Task objective – From the records below, return every line containing the word "cases".

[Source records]
*** Begin section ***
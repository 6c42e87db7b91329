-- ===== src/Metrics.antt =====
-- metrics.go, and the request counters of client.go. The counters are 64 bits wide; a swap of one is a
-- step of its own, and the three of a point are taken together here. A quantity that a point carries as
-- a float64 in milliseconds stands for its nanoseconds.
pub mod Deltas
mod Tests
use go_collector.Base.{
  ℕ, ◌+◌, ◌-◌, ◌%◌, ◌^◌, Bool, true, false, not, ◌&&◌, ◌||◌, List, [], ◌∷◌, Option, none, some, leb,
  ◌==◌, if◌then◌else◌,
}
use go_collector.Base.Decimal.{u64_mod}
use go_collector.Base.Int.{ℤ, pos, pos_part, ltb_ℤ, leb_ℤ}
use go_collector.Config.{Config}

pub record Counters : Type 0 where
  pub requests : ℕ
  pub errors : ℕ
  pub duration : ℕ
  pub gc_num : ℕ
  pub gc_pause : ℕ

abbrev pub no_counters : Counters
no_counters = record { requests = 0; errors = 0; duration = 0; gc_num = 0; gc_pause = 0 }

-- A nil client is not modelled: it counts nothing.
unfoldable pub record_http : ℤ → ℤ → Counters → Counters
record_http status duration c = record c {
  requests = (c.requests + 1) % u64_mod;
  errors = if leb_ℤ (pos 500) status then (c.errors + 1) % u64_mod else c.errors;
  duration =
      if ltb_ℤ (pos 0) duration then (c.duration + pos_part duration) % u64_mod else c.duration;
}

-- What a point reads of runtime.MemStats.
pub record MemStats : Type 0 where
  pub num_gc : ℕ
  pub pause_total : ℕ

abbrev pub delta : ℕ → ℕ → ℕ
delta now before = if leb before now then now - before else 0

-- The collections and the pause since the last point, and the counters behind it.
unfoldable pub gc_delta : MemStats → Counters → (ℕ × ℕ) × Counters
gc_delta ms c = (
  (delta ms.num_gc c.gc_num, delta ms.pause_total c.gc_pause),
  record c { gc_num = ms.num_gc; gc_pause = ms.pause_total },
)

pub record Point : Type 0 where
  pub request_count : ℕ
  pub request_errors : ℕ
  pub request_duration : ℕ
  pub collections : ℕ
  pub pause : ℕ

-- EmitRuntimeMetrics up to the write of the point; a quiet window counts as one request.
unfoldable pub emit_runtime_metrics : Config → MemStats → Counters → Option Point × Counters
emit_runtime_metrics cfg ms c =
    let ((collections, pause), c') = gc_delta ms c in
    if not cfg.enabled || not cfg.metrics_enabled then (none, c) else (
      some (record {
        request_count = if c.requests == 0 then 1 else c.requests;
        request_errors = c.errors;
        request_duration = c.duration;
        collections = collections;
        pause = pause;
      }),
      record c' { requests = 0; errors = 0; duration = 0 },
    )
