-- ===== src/Text/Edged.antt =====
-- Texts that begin and end with a graphic byte: strings.TrimSpace leaves them and their joins alone.
use go_collector.Base.{
  ℕ, ◌&&◌, Bool, true, false, List, [], ◌∷◌, ◌++◌, ◌≡◌, refl, ap, Option, none, some, arith, ◌==◌,
  ==_iff, append_assoc, Bool-cases, Option-cases, inl, inr,
}
use go_collector.Base.Bytes.{Bytes, is_empty}
use go_collector.Text.Split.{cut, split, join, AllFree, split-join}
use go_collector.Text.Trim.{trim_space, graphic, trim_space-between, trim_space-nil, trim_space-one}

pub record Edged (s : Bytes) : Type 0 where
  pub first : ℕ
  pub middle : Bytes
  pub final : ℕ
  pub is_text : s ≡ first ∷ (middle ++ final ∷ [])
  pub first_graphic : graphic first ≡ true
  pub final_graphic : graphic final ≡ true

pub trim_space-Edged : (s : Bytes) → Edged s → trim_space s ≡ s
trim_space-Edged s e =
    rw e.is_text (trim_space-between e.first e.final e.middle e.first_graphic e.final_graphic)

pub Edged-append : (s : Bytes) (sep : ℕ) (t : Bytes) → Edged s → Edged t → Edged (s ++ (sep ∷ t))
Edged-append s sep t e f = record {
  first = e.first;
  middle = (e.middle ++ e.final ∷ []) ++ (sep ∷ f.first ∷ f.middle);
  final = f.final;
  is_text = rw (e.is_text, f.is_text) (simp append_assoc);
  first_graphic = e.first_graphic;
  final_graphic = f.final_graphic;
}

abbrev pub AllEdged : List Bytes → Type 0
AllEdged [] = Unit
AllEdged (s ∷ ss) = Edged s × AllEdged ss

pub Edged-join :
    (sep : ℕ) (s : Bytes) (ss : List Bytes) → AllEdged (s ∷ ss) → Edged (join sep (s ∷ ss))
unfolding join
Edged-join sep s [] h = h.0
Edged-join sep s (t ∷ ts) h = Edged-append s sep (join sep (t ∷ ts)) h.0 (Edged-join sep t ts h.1)

-- A text is what stood in front of its first separator, the separator, and what stood behind.
abbrev CutOf : ℕ → Bytes → Option (Bytes × Bytes) → Type 0
CutOf sep s none = Unit
CutOf sep s (some (a, b)) = s ≡ a ++ (sep ∷ b)

cut-CutOf : (sep : ℕ) (s : Bytes) → CutOf sep s (cut sep s)
unfolding cut
cut-CutOf sep [] = tt
cut-CutOf sep (c ∷ s) = elim (Bool-cases (c == sep)) [
  | inl here ↦ rw here (ap (λ x. x ∷ s) ((==_iff c sep).0 here))
  | inr later ↦ elim (Option-cases (cut sep s)) [
    | inl none_there ↦ rw (later, none_there) tt
    | inr ((a, b), found) ↦
        let e : s ≡ a ++ (sep ∷ b) = rw found at (cut-CutOf sep s) in
        rw (later, found) (ap (◌∷◌ c) e)
  ]
]

pub cut-eq : (sep : ℕ) (s a b : Bytes) → cut sep s ≡ some (a, b) → s ≡ a ++ (sep ∷ b)
cut-eq sep s a b e = rw e at (cut-CutOf sep s)

-- A header of edged pieces without a comma comes apart into them, and is not empty.
pub split-trim_space-join :
    (sep : ℕ) (s : Bytes) (ss : List Bytes)
    → AllEdged (s ∷ ss)
    → AllFree sep (s ∷ ss)
    → (is_empty (trim_space (join sep (s ∷ ss))) ≡ false)
      × (split sep (trim_space (join sep (s ∷ ss))) ≡ s ∷ ss)
split-trim_space-join sep s ss e f =
    let whole = Edged-join sep s ss e in
    rw (trim_space-Edged (join sep (s ∷ ss)) whole)
      (ap is_empty whole.is_text, split-join sep s ss f)

abbrev pub graphics : Bytes → Bool
graphics [] = true
graphics (c ∷ s) = graphic c && graphics s

pub graphics-append :
    (s t : Bytes) → graphics s ≡ true → graphics t ≡ true → graphics (s ++ t) ≡ true
graphics-append [] t hs ht = ht
graphics-append (c ∷ s) t hs ht = ground (arith, graphics-append s t)

abbrev Snoc : Bytes → Type 0
Snoc s = (before : Bytes) × (final : ℕ) × (s ≡ before ++ final ∷ []) × (graphic final ≡ true)

graphics-Snoc : (c : ℕ) (s : Bytes) → graphics (c ∷ s) ≡ true → Snoc (c ∷ s)
graphics-Snoc c [] h = ([], c, refl, ground arith)
graphics-Snoc c (d ∷ s) h =
    let (before, final, e, g) = graphics-Snoc d s (ground arith) in
    (c ∷ before, final, ap (◌∷◌ c) e, g)

-- Two or more graphic bytes.
pub graphics-Edged : (c d : ℕ) (s : Bytes) → graphics (c ∷ d ∷ s) ≡ true → Edged (c ∷ d ∷ s)
graphics-Edged c d s h =
    let (before, final, e, g) = graphics-Snoc d s (ground arith) in
    record {
      first = c;
      middle = before;
      final = final;
      is_text = ap (◌∷◌ c) e;
      first_graphic = ground arith;
      final_graphic = g;
    }

pub trim_space-graphics : (s : Bytes) → graphics s ≡ true → trim_space s ≡ s
trim_space-graphics [] h = trim_space-nil
trim_space-graphics (c ∷ []) h = trim_space-one c (ground arith)
trim_space-graphics (c ∷ d ∷ s) h = trim_space-Edged (c ∷ d ∷ s) (graphics-Edged c d s h)
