-- ===== src/Propagation/Members.antt =====
-- The loop that NormalizeTracestate and NormalizeBaggage share, over the pieces of a header: `parse`
-- is what the loop makes of a piece, `none` where it continues with the next, `render` what it
-- appends for a key and a value, and `cap` the bound on the members.
use go_collector.Base.{
  ℕ, ◌+◌, ◌≤◌, Bool, true, false, ◌||◌, List, [], ◌∷◌, ◌++◌, map, ◌≡◌, sym, ◌∙◌, Option, none, some,
  arith, length, leb, lt→leb, append-nil, append_assoc, All, length-append, Bool-cases,
  Option-cases, inl, inr,
}
use go_collector.Base.Bytes.{Bytes, bytes_eq, is_empty}
use go_collector.Text.Edged.{Edged, AllEdged, Edged-join, split-trim_space-join}
use go_collector.Text.Split.{split, join, Free, AllFree}
use go_collector.Text.Trim.{trim_space}

abbrev pub elem : Bytes → List Bytes → Bool
elem k [] = false
elem k (s ∷ ss) = bytes_eq s k || elem k ss

abbrev pub Pair : Type 0
Pair = Bytes × Bytes

unfoldable pub collect :
    (Bytes → Option Pair) → (Pair → Bytes) → ℕ → List Bytes → List Bytes → List Bytes → List Bytes
collect parse render cap [] seen members = members
collect parse render cap (raw ∷ raws) seen members = elim (leb cap (length members)) [
  | true ↦ members
  | false ↦ elim (parse raw) [
    | none ↦ collect parse render cap raws seen members
    | some pair ↦ elim (elem pair.0 seen) [
      | true ↦ collect parse render cap raws seen members
      | false ↦ collect parse render cap raws (pair.0 ∷ seen) (members ++ render pair ∷ [])
    ]
  ]
]

-- No key of the pairs is among those seen, or among those in front of it.
abbrev pub Fresh : List Bytes → List Pair → Type 0
Fresh seen [] = Unit
Fresh seen (p ∷ ps) = (elem p.0 seen ≡ false) × Fresh (p.0 ∷ seen) ps

module _ (Good : Pair → Type 0) where
  abbrev pub AllGood : List Pair → Type 0
  AllGood [] = Unit
  AllGood (p ∷ ps) = Good p × AllGood ps

module _ (parse : Bytes → Option Pair) (render : Pair → Bytes) (cap : ℕ) (Good : Pair → Type 0)
    (Piece : Bytes → Type 0)
    (sound : (raw : Bytes) (p : Pair) → Piece raw → parse raw ≡ some p → Good p) where
  -- What the loop has added behind `members`.
  pub record Kept (seen members result : List Bytes) : Type 0 where
    pub pairs : List Pair
    pub is_result : result ≡ members ++ map render pairs
    pub good : AllGood Good pairs
    pub fresh : Fresh seen pairs
    pub within_cap : length members + length pairs ≤ cap

  Kept-none : (seen members : List Bytes) → length members ≤ cap → Kept seen members members
  Kept-none seen members h = record {
    pairs = [];
    is_result = sym (append-nil members);
    good = tt;
    fresh = tt;
    within_cap = omega arith;
  }

  Kept-more :
      (p : Pair) (seen members result : List Bytes)
      → Good p
      → elem p.0 seen ≡ false
      → Kept (p.0 ∷ seen) (members ++ render p ∷ []) result
      → Kept seen members result
  Kept-more p seen members result g new k = record {
    pairs = p ∷ k.pairs;
    is_result = k.is_result ∙ append_assoc members (render p ∷ []) (map render k.pairs);
    good = (g, k.good);
    fresh = (new, k.fresh);
    within_cap = omega (arith, k.within_cap, length-append {0} members (render p ∷ []));
  }

  pub collect-Kept :
      (raws seen members : List Bytes)
      → All Piece raws
      → length members ≤ cap
      → Kept seen members (collect parse render cap raws seen members)
  unfolding collect
  collect-Kept [] seen members pieces h = Kept-none seen members h
  collect-Kept (raw ∷ raws) seen members pieces h = elim (Bool-cases (leb cap (length members))) [
    | inl full ↦ rw (collect, full) (Kept-none seen members h)
    | inr room ↦ elim (Option-cases (parse raw)) [
      | inl skipped ↦ rw (collect, room, skipped) (collect-Kept raws seen members pieces.1 h)
      | inr (p, parsed) ↦ elim (Bool-cases (elem p.0 seen)) [
        | inl old ↦ rw (collect, room, parsed, old) (collect-Kept raws seen members pieces.1 h)
        | inr new ↦
            rw (collect, room, parsed, new)
              (Kept-more p seen members _ (sound raw p pieces.0 parsed) new (
                collect-Kept raws (p.0 ∷ seen) (members ++ render p ∷ []) pieces.1
                  (ground (arith, length-append {0} members (render p ∷ [])))))
      ]
    ]
  ]

  pub collect-again :
      (again : (p : Pair) → Good p → parse (render p) ≡ some p) (pairs : List Pair)
      (seen members : List Bytes)
      → AllGood Good pairs
      → Fresh seen pairs
      → length members + length pairs ≤ cap
      → collect parse render cap (map render pairs) seen members ≡ members ++ map render pairs
  unfolding collect
  collect-again again [] seen members g f h = sym (append-nil members)
  collect-again again (p ∷ ps) seen members g f h =
      rw (collect, lt→leb cap (length members) (omega arith), again p g.0, f.0)
        (collect-again again ps (p.0 ∷ seen) (members ++ render p ∷ []) g.1 f.1
            (omega (arith, length-append {0} members (render p ∷ [])))
          ∙ append_assoc members (render p ∷ []) (map render ps))

module _ (render : Pair → Bytes) (sep : ℕ) (Good : Pair → Type 0)
    (edged : (p : Pair) → Good p → Edged (render p))
    (free : (p : Pair) → Good p → Free sep (render p)) where
  AllEdged-render : (ps : List Pair) → AllGood Good ps → AllEdged (map render ps)
  AllEdged-render [] g = tt
  AllEdged-render (p ∷ ps) g = (edged p g.0, AllEdged-render ps g.1)

  AllFree-render : (ps : List Pair) → AllGood Good ps → AllFree sep (map render ps)
  AllFree-render [] g = tt
  AllFree-render (p ∷ ps) g = (free p g.0, AllFree-render ps g.1)

  -- A header joined from good members comes apart into them.
  pub split-rendered :
      (p : Pair) (ps : List Pair)
      → AllGood Good (p ∷ ps)
      → (is_empty (trim_space (join sep (map render (p ∷ ps)))) ≡ false)
        × (split sep (trim_space (join sep (map render (p ∷ ps)))) ≡ map render (p ∷ ps))
  split-rendered p ps g =
      split-trim_space-join sep (render p) (map render ps) (AllEdged-render (p ∷ ps) g)
        (AllFree-render (p ∷ ps) g)

  pub Edged-rendered :
      (p : Pair) (ps : List Pair) → AllGood Good (p ∷ ps) → Edged (join sep (map render (p ∷ ps)))
  Edged-rendered p ps g = Edged-join sep (render p) (map render ps) (AllEdged-render (p ∷ ps) g)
*** End section ***
Response below –
  ==_iff, append_assoc, Bool-cases, Option-cases, inl, inr,
cut-CutOf sep (c ∷ s) = elim (Bool-cases (c == sep)) [
  | inr later ↦ elim (Option-cases (cut sep s)) [
  arith, length, leb, lt→leb, append-nil, append_assoc, All, length-append, Bool-cases,
  Option-cases, inl, inr,
  collect-Kept (raw ∷ raws) seen members pieces h = elim (Bool-cases (leb cap (length members))) [
    | inr room ↦ elim (Option-cases (parse raw)) [
      | inr (p, parsed) ↦ elim (Bool-cases (elem p.0 seen)) [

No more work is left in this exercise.